Carson shrugged helplessly. "I don't know, maybe there was some lady in the science department I didn't know about."

Some lady, right. That was the thing about Atlantis. Every single woman on Atlantis was too smart for that. Except... Doctor Brown?

Radek flopped back down onto the couch before realizing what a huge mistake that was. His head felt like a drum beaten by a particularly enthusiastic middle school marching band. The whole band. He threw his hands over his eyes and tried not to breathe. Breathing just made everything worse.

"Anna seemed fine," Carson answered. "A little bored, maybe."

He didn't answer and he hoped Carson understood. This was awful. He just needed the sun to set. Just needed to sleep. "Carson," he said quietly. "Could you close the windows, please?"

Carson didn't move for a second before crossing the floor uncertainly. "Yeah, of course. Sorry, I don't know why I didn't do that when I came in."

"It's fine, I..." He didn't think of it either, until just now. The room fell into comparative darkness and pounding in his head lessened. That was something.

What felt like a few seconds later, Carson was tapping his shoulder and handing him a steaming mug. "Drink this first. Then sleep."

"I'd rather just skip all that and..."

"No." Carson put the mug squarely in his hands and helped him sit before taking the seat on the couch beside him. "Half of it, at least, then I'll let you be."

Whatever it was, it was disgusting. Or maybe it wasn't. Nothing was tasting right recently. Maybe it was just today. Today and yesterday. He took another gulp and opened his eyes, finally. He didn't realize they'd been closed. The room was so dark he could barely see anything, but he felt like he was looking right into the sun anyway.

"Maybe this will teach you," Carson mumbled.

"Teach me what?" Probably a lesson he didn't need to learn. Like that lesson in humility he got this week. "Never mind," he said before Carson could speak. "Tell me later. Or, better yet, never tell me. I don't want to know what I'm supposed to learn from this."

"I don't recommend taking vitamins daily for nothing, you know," Carson said.

Radek chuckled, coughed, and took another gulp of tea. Carson pulled a quilt from the nearby chair and handed it to him. Sometimes the best way to learn was to be hit over the head with his mistakes. He would start taking his vitamins. He's start telling people exactly what he thought of their idiotic ideas, especially Colonel Sheppard.

Maybe.

Tomorrow. He'd start doing all that tomorrow.

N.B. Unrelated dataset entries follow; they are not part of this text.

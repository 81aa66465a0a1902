-- ===== src/Http/ProtocolExamples.antt =====
-- Runs of the protocol and the session of protocol/http, at one input for each theorem.
use streaming.Prelude.{
  ℕ, ◌%◌, ◌^◌, ◌≡◌, ◌↔◌, refl, arith, true, false, none, some, List, [], ◌∷◌, ◌++◌, take, drop,
}
use streaming.Prelude.Texts.{same_text}
use streaming.Prelude.Outcome.{Error, ok, err, undefined}
use streaming.Media.Info.{Info, index_of, starts_with}
use streaming.Media.Sources.{find, set_weak_source, lock}
use streaming.Network.FlatBuffer.{create, unread, unread_length}
use streaming.Network.FlatBuffer.Valid.{create-IsValid}
use streaming.Network.FlatBuffer.Socket.{length_first}
use streaming.Network.Sessions.Reading.{do_read}
use streaming.Network.Sessions.Rounds.{Ready}
use streaming.Rtmp.Commands.Texts.{rtmp_text}
use streaming.Rtmp.Source.{RtmpSource}
use streaming.Http.Header.{Header, build, get_method, stoul}
use streaming.Http.Header.Request.{request, build-request}
use streaming.Http.Protocol.{Protocol, Around, on_search_http_handler}
use streaming.Http.Protocol.Texts.{packet_tail}
use streaming.Http.Protocol.Response.{okay, internal_server_error}
use streaming.Http.Protocol.Lines.{without}
use streaming.Http.Protocol.Reader.{read_answer, answer_of}
use streaming.Http.Protocol.Answers.{
  Answers, expected, head_send, fields_for, on_search_http_handler-Answers,
}
use streaming.Http.Protocol.Tail.{ends_at_nul}
use streaming.Http.Protocol.Twice.{on_search_http_handler-expired}
use streaming.Http.Protocol.Ending.{destroyed, on_search_http_handler-destroyed}
use streaming.Http.Session.{Meets, HttpSession, parse}
use streaming.Http.Session.Parts.{Part, all_arrive, Waits, over, part}
use streaming.Http.Session.Arrival.{do_read-Waits}

-- "live", "12" and the date "now".
abbrev live : List ℕ
live = 108 ∷ 105 ∷ 118 ∷ 101 ∷ []

abbrev twelve : List ℕ
twelve = 49 ∷ 50 ∷ []

abbrev date : List ℕ
date = 110 ∷ 111 ∷ 119 ∷ []

-- A GET of stream "a" of the application "live" at the host "v", with the empty line.
abbrev head : List ℕ
head = request get_method live (97 ∷ []) (118 ∷ []) (116 ∷ []) twelve (72 ∷ packet_tail)

abbrev header : Header
header = record {
  is_get = same_text get_method get_method;
  app = live;
  stream_id = 97 ∷ [];
  vhost = 118 ∷ [];
  token = 116 ∷ [];
  is_flv = true;
  start_pts = 12 % 2 ^ 32;
}

twelve_lem : stoul twelve ≡ ok 12
unfolding stoul
twelve_lem = refl

head-built : build head ≡ ok header
head-built =
    build-request get_method live (97 ∷ []) (118 ∷ []) (116 ∷ []) twelve (72 ∷ packet_tail) 12
      (refl, (refl, (refl, tt))) (refl, (refl, (refl, (refl, tt)))) (refl, tt) (refl, tt) (refl, tt)
      (refl, (refl, tt)) twelve_lem

abbrev path : Info
path = record {
  schema = rtmp_text;
  app = live;
  vhost = 118 ∷ [];
  stream_id = 97 ∷ [];
  token = [];
  tc_url = [];
}

abbrev source : RtmpSource
source = record {
  this = 7;
  media_info = path;
  demuxer = record {
    duration = 0;
    has_muxer = true;
    video_rtmp_decoder = none;
    audio_rtmp_decoder = none;
  };
  speed = λ i. record { speed = 0; bytes = 0; ticker = record { begin = 0; created = 0 } };
  track_stamps = λ i. 0;
  meta_data = none;
  config_frames = λ i. none;
  dispatcher = none;
}

-- Source 7 is entered for the path, and has no owner left.
abbrev protocol : Protocol
protocol = record {
  header = none;
  flv_muxer = none;
  sources = record {
    media_sources = set_weak_source path (some 7) [];
    alive = λ i. false;
    is_registered = λ i. false;
    owned = λ i. false;
  };
  store = λ i. source;
}

abbrev around : Around
around = record {
  date = date;
  has_session = true;
  next_reader = 3;
  config_keys = 8 ∷ 9 ∷ [];
  is_name = λ v name. false;
}

plain_date : without 13 date ≡ true
unfolding without
plain_date = refl

gone : find rtmp_text (118 ∷ []) live (97 ∷ []) protocol.sources ≡ ok (none, true)
unfolding find set_weak_source lock
gone = refl

on_search_http_handler-Answers_example :
    Answers around (expected protocol head) (on_search_http_handler around head protocol).sent
    × (read_answer 12 ((head_send date (expected protocol head)).bytes ++ (70 ∷ []))
        ≡ some (
            answer_of
              (expected protocol head)
              (fields_for date (expected protocol head))
              (70 ∷ [])))
on_search_http_handler-Answers_example =
    on_search_http_handler-Answers around protocol head (70 ∷ []) refl plain_date

on_search_http_handler-expired_example :
    (on_search_http_handler around head protocol).sent
    ≡ head_send date okay ∷ head_send date internal_server_error ∷ []
on_search_http_handler-expired_example =
    on_search_http_handler-expired around protocol head header refl head-built refl refl gone

on_search_http_handler-destroyed_example :
    (destroyed (on_search_http_handler around live protocol).state ≡ err undefined)
    ↔ ((e : Error) × (build live ≡ err e))
on_search_http_handler-destroyed_example =
    on_search_http_handler-destroyed around protocol live refl refl

abbrev meets : Meets
meets = record { behind = 0 ∷ []; around = around }

abbrev session : HttpSession
session = record {
  this = 1;
  ticker = record { begin = 0; created = 0 };
  buffer = create 8;
  protocol = protocol;
  manager = record {
    session_map = [];
    session = λ i. record { id = 115 ∷ []; is_open = true; is_closed = false };
  };
  sent = [];
  thrown = none;
}

session-Ready : Ready [] session
unfolding create unread unread_length
session-Ready = record {
  holds = refl;
  valid = create-IsValid 8 (omega arith);
  bounded = omega arith;
  opened = refl;
  quiet = refl;
}

abbrev first_part : Part
first_part = (take 9 head, (5, meets))

abbrev last_bytes : List ℕ
last_bytes = drop 9 head ++ (71 ∷ [])

plain_head : without 0 head ≡ true
unfolding without
plain_head = refl

tail_found : index_of packet_tail head ≡ some 45
unfolding index_of starts_with
tail_found = refl

in_parts : Waits [] (first_part ∷ []) (take 9 head)
unfolding ends_at_nul
in_parts =
    part [] (take 9 head) 5 meets [] (take 9 head) (omega arith) (omega arith) refl
      (over (take 9 head))

-- The request arrives in two parts, with one byte behind it.
abbrev after : HttpSession
after =
    do_read length_first parse (all_arrive ((first_part ∷ []) ++ ((last_bytes, (6, meets)) ∷ [])))
      session

do_read-Waits_example :
    let answered = on_search_http_handler around head protocol in
    (after.sent ≡ session.sent ++ answered.sent)
    × (after.protocol ≡ answered.state)
    × (after.manager ≡ session.manager)
    × Ready (71 ∷ []) after
do_read-Waits_example =
    do_read-Waits head [] (take 9 head) last_bytes (71 ∷ []) 45 (first_part ∷ []) 6 meets session
      plain_head tail_found refl (omega arith) session-Ready in_parts (omega arith) (omega arith)
      refl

A/N: Happy new year! See you next year. ;)
Rodney isn't a doctor, right? Well… not that kind of doctor… But what is even with that line in Trinity?
Also, I was thinking about it, and Zelenka pronounces "ZPM" like Americans... Is that weird? Shouldn't he be pronouncing the ZPM more or less like Rodney does? I could be getting my letters confused, but wouldn't that make it more like, uh... "ZetPM"? I mean, just because Rodney makes a point of saying it like "ZedPM." Not that I ever distinguish between how Rodney or anyone else says it... I guess I just sort of leave it to the imagination.